Reproduce the entries below, please. Keep every character the same.

____ Entries provided

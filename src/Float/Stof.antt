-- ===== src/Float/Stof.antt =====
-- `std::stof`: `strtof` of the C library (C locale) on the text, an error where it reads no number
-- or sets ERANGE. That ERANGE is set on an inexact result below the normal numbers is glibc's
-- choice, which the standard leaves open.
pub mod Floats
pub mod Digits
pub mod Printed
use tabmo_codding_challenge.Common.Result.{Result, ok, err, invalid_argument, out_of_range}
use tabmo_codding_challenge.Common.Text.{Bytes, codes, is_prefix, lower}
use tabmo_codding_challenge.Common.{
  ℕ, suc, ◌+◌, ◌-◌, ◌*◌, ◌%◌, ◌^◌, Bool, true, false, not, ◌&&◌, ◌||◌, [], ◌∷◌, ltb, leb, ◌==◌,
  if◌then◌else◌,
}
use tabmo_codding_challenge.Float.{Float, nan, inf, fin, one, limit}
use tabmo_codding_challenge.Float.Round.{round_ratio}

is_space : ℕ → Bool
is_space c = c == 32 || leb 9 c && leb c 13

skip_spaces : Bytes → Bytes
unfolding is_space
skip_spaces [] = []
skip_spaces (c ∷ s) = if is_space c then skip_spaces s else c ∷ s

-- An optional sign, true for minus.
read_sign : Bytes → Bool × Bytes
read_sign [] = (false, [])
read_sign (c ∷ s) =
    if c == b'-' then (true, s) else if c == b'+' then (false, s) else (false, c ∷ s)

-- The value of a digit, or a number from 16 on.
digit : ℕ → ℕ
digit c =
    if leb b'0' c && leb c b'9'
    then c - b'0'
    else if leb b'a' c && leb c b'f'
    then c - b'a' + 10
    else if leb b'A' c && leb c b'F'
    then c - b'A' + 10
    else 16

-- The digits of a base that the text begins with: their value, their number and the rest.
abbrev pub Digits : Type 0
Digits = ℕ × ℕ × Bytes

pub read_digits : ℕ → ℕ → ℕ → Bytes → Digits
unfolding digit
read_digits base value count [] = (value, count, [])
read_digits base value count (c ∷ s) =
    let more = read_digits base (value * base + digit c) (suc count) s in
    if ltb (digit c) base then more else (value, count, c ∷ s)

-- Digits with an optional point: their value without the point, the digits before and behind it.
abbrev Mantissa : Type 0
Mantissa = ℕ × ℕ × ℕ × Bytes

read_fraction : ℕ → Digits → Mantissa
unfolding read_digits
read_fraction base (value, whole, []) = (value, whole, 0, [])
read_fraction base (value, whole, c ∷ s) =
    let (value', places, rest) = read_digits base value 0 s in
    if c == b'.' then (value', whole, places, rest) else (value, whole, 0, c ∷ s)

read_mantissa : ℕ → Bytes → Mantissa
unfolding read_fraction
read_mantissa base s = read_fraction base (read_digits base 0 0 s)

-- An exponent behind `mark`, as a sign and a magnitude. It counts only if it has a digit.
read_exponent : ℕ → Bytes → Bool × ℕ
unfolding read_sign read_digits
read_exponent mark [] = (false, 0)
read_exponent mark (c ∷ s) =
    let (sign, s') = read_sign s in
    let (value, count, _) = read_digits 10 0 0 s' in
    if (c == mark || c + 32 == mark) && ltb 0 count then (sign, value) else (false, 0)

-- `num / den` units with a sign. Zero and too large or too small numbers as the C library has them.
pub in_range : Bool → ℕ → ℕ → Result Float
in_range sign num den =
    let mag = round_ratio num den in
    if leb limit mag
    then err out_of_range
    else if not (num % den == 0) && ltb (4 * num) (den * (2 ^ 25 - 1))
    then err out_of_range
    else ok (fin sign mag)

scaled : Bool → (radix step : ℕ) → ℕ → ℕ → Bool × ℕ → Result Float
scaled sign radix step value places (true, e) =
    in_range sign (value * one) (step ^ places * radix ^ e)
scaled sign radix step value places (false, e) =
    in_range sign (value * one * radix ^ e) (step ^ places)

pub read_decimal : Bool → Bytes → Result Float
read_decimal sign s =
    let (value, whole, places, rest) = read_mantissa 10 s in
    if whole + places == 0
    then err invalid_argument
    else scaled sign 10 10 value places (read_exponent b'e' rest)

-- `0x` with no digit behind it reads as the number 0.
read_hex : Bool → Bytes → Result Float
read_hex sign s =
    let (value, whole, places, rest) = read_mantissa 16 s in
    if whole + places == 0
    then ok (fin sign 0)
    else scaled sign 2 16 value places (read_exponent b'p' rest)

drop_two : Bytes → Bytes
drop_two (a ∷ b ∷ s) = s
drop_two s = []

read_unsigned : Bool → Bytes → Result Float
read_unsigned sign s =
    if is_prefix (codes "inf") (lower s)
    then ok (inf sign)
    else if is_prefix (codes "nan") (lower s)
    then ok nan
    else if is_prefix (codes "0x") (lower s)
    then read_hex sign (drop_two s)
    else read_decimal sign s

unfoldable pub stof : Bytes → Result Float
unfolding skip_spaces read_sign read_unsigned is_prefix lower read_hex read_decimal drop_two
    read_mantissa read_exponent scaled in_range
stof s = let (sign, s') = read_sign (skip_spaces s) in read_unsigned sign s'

________

● Written reply
filename src/Float/Stof.antt
-- ===== src/Float/Stof.antt =====
-- `std::stof`: `strtof` of the C library (C locale) on the text, an error where it reads no number
-- or sets ERANGE. That ERANGE is set on an inexact result below the normal numbers is glibc's
-- choice, which the standard leaves open.
pub mod Floats
pub mod Digits
pub mod Printed
use tabmo_codding_challenge.Common.Result.{Result, ok, err, invalid_argument, out_of_range}
use tabmo_codding_challenge.Common.Text.{Bytes, codes, is_prefix, lower}
use tabmo_codding_challenge.Common.{
  ℕ, suc, ◌+◌, ◌-◌, ◌*◌, ◌%◌, ◌^◌, Bool, true, false, not, ◌&&◌, ◌||◌, [], ◌∷◌, ltb, leb, ◌==◌,
  if◌then◌else◌,
}
use tabmo_codding_challenge.Float.{Float, nan, inf, fin, one, limit}
use tabmo_codding_challenge.Float.Round.{round_ratio}

is_space : ℕ → Bool
is_space c = c == 32 || leb 9 c && leb c 13

skip_spaces : Bytes → Bytes
unfolding is_space
skip_spaces [] = []
skip_spaces (c ∷ s) = if is_space c then skip_spaces s else c ∷ s

-- An optional sign, true for minus.
read_sign : Bytes → Bool × Bytes
read_sign [] = (false, [])
read_sign (c ∷ s) =
    if c == b'-' then (true, s) else if c == b'+' then (false, s) else (false, c ∷ s)

-- The value of a digit, or a number from 16 on.
digit : ℕ → ℕ
digit c =
    if leb b'0' c && leb c b'9'
    then c - b'0'
    else if leb b'a' c && leb c b'f'
    then c - b'a' + 10
    else if leb b'A' c && leb c b'F'
    then c - b'A' + 10
    else 16

-- The digits of a base that the text begins with: their value, their number and the rest.
abbrev pub Digits : Type 0
Digits = ℕ × ℕ × Bytes

pub read_digits : ℕ → ℕ → ℕ → Bytes → Digits
unfolding digit
read_digits base value count [] = (value, count, [])
read_digits base value count (c ∷ s) =
    let more = read_digits base (value * base + digit c) (suc count) s in
    if ltb (digit c) base then more else (value, count, c ∷ s)

-- Digits with an optional point: their value without the point, the digits before and behind it.
abbrev Mantissa : Type 0
Mantissa = ℕ × ℕ × ℕ × Bytes

read_fraction : ℕ → Digits → Mantissa
unfolding read_digits
read_fraction base (value, whole, []) = (value, whole, 0, [])
read_fraction base (value, whole, c ∷ s) =
    let (value', places, rest) = read_digits base value 0 s in
    if c == b'.' then (value', whole, places, rest) else (value, whole, 0, c ∷ s)

read_mantissa : ℕ → Bytes → Mantissa
unfolding read_fraction
read_mantissa base s = read_fraction base (read_digits base 0 0 s)

-- An exponent behind `mark`, as a sign and a magnitude. It counts only if it has a digit.
read_exponent : ℕ → Bytes → Bool × ℕ
unfolding read_sign read_digits
read_exponent mark [] = (false, 0)
read_exponent mark (c ∷ s) =
    let (sign, s') = read_sign s in
    let (value, count, _) = read_digits 10 0 0 s' in
    if (c == mark || c + 32 == mark) && ltb 0 count then (sign, value) else (false, 0)

-- `num / den` units with a sign. Zero and too large or too small numbers as the C library has them.
pub in_range : Bool → ℕ → ℕ → Result Float
in_range sign num den =
    let mag = round_ratio num den in
    if leb limit mag
    then err out_of_range
    else if not (num % den == 0) && ltb (4 * num) (den * (2 ^ 25 - 1))
    then err out_of_range
    else ok (fin sign mag)

scaled : Bool → (radix step : ℕ) → ℕ → ℕ → Bool × ℕ → Result Float
scaled sign radix step value places (true, e) =
    in_range sign (value * one) (step ^ places * radix ^ e)
scaled sign radix step value places (false, e) =
    in_range sign (value * one * radix ^ e) (step ^ places)

pub read_decimal : Bool → Bytes → Result Float
read_decimal sign s =
    let (value, whole, places, rest) = read_mantissa 10 s in
    if whole + places == 0
    then err invalid_argument
    else scaled sign 10 10 value places (read_exponent b'e' rest)

-- `0x` with no digit behind it reads as the number 0.
read_hex : Bool → Bytes → Result Float
read_hex sign s =
    let (value, whole, places, rest) = read_mantissa 16 s in
    if whole + places == 0
    then ok (fin sign 0)
    else scaled sign 2 16 value places (read_exponent b'p' rest)

drop_two : Bytes → Bytes
drop_two (a ∷ b ∷ s) = s
drop_two s = []

read_unsigned : Bool → Bytes → Result Float
read_unsigned sign s =
    if is_prefix (codes "inf") (lower s)
    then ok (inf sign)
    else if is_prefix (codes "nan") (lower s)
    then ok nan
    else if is_prefix (codes "0x") (lower s)
    then read_hex sign (drop_two s)
    else read_decimal sign s

unfoldable pub stof : Bytes → Result Float
unfolding skip_spaces read_sign read_unsigned is_prefix lower read_hex read_decimal drop_two
    read_mantissa read_exponent scaled in_range
stof s = let (sign, s') = read_sign (skip_spaces s) in read_unsigned sign s'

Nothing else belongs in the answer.